Collected data entries -
═══

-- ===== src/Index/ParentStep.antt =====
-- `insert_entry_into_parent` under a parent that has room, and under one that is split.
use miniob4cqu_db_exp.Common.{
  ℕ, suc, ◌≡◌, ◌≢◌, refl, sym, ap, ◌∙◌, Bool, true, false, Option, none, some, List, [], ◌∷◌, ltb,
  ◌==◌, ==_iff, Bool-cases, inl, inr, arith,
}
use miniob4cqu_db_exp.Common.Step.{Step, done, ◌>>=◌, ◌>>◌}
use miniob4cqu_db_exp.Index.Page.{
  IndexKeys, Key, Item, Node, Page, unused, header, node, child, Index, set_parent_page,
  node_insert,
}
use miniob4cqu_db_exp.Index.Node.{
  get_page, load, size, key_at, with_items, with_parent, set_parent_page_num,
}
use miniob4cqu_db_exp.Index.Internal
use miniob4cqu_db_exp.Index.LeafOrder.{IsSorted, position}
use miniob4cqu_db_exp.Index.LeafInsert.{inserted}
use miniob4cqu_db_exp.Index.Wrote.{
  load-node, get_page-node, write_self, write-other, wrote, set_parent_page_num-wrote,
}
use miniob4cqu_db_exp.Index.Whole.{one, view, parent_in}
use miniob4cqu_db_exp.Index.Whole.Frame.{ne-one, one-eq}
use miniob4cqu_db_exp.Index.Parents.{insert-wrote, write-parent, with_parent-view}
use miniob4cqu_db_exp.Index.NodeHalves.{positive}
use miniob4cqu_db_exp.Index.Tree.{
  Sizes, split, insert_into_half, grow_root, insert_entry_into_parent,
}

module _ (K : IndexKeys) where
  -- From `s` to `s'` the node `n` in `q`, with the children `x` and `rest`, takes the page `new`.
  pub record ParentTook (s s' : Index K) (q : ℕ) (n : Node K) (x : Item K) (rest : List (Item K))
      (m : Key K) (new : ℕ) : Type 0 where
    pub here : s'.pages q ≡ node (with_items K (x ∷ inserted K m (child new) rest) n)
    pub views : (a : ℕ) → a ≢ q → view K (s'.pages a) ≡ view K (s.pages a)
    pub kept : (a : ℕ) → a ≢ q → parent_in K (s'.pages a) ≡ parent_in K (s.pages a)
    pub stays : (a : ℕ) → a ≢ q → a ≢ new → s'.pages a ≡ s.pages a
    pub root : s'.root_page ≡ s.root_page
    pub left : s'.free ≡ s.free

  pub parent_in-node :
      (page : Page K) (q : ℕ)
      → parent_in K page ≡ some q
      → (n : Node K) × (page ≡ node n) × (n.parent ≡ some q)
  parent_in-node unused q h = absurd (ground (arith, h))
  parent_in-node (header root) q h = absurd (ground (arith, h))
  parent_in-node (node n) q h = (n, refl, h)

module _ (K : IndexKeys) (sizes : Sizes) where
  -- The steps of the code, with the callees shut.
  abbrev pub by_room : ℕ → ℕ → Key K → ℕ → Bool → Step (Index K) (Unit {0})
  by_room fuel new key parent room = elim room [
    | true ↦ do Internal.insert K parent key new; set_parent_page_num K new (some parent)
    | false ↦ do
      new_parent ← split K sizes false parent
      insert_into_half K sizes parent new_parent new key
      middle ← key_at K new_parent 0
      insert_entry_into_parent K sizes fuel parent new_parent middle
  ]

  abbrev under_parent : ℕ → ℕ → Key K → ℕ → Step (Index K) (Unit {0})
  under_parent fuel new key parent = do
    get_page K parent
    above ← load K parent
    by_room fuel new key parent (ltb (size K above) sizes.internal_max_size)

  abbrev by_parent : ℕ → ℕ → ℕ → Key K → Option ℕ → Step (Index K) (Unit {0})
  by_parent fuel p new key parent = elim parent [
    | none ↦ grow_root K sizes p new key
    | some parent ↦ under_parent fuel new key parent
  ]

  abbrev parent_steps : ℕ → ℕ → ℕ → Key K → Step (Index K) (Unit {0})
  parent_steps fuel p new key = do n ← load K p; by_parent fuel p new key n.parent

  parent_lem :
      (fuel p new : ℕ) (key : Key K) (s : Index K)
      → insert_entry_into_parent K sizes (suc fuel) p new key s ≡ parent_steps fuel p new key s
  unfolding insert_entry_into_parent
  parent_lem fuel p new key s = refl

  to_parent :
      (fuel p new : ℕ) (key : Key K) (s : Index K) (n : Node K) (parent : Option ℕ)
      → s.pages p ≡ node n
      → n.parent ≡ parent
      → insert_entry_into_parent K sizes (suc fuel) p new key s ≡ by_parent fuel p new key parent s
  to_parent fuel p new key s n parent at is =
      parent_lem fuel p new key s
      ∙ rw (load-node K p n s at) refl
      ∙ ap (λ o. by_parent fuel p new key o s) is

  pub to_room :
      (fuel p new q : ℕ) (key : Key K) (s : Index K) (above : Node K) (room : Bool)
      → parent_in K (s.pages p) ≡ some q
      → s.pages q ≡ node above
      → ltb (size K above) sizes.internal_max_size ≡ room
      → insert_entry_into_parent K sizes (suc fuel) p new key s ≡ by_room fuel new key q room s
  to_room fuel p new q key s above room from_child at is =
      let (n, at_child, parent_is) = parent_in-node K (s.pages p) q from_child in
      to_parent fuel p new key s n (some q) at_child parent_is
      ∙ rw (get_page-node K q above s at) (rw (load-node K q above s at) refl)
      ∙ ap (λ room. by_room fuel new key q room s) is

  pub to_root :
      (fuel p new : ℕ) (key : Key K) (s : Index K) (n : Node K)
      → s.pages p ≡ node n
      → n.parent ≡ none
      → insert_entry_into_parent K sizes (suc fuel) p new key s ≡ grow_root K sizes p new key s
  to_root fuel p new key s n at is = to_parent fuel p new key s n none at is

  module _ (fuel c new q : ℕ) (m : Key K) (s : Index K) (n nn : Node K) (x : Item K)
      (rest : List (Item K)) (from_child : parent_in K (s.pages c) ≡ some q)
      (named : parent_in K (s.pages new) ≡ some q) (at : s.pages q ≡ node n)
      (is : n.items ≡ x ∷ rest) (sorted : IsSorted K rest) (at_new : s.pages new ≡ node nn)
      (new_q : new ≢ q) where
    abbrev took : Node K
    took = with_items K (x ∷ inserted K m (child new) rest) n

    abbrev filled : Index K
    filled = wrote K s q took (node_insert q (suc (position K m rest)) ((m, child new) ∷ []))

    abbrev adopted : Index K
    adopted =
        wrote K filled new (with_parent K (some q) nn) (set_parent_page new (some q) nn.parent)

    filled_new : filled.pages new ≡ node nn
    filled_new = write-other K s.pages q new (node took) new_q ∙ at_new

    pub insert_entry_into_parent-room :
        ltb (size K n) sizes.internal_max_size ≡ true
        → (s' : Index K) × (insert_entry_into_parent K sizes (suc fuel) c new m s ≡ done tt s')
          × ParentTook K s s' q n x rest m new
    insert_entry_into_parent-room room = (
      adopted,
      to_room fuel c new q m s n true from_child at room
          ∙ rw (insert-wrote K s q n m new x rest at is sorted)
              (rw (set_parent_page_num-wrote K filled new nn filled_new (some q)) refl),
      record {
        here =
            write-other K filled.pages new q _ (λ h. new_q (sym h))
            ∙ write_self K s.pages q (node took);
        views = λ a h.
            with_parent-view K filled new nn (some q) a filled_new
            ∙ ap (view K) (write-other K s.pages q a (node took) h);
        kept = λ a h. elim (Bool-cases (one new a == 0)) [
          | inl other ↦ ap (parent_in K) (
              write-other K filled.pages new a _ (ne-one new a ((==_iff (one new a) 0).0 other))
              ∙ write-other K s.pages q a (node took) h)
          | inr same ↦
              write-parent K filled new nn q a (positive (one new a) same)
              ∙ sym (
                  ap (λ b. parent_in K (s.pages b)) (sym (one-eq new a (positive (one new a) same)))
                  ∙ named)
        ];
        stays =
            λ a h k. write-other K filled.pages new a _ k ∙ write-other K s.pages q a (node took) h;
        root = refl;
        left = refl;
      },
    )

═══

What you should do - Each line above that contains the word "where" should be returned.

Response to the exercise -
module _ (K : IndexKeys) where
      (m : Key K) (new : ℕ) : Type 0 where
module _ (K : IndexKeys) (sizes : Sizes) where
      (new_q : new ≢ q) where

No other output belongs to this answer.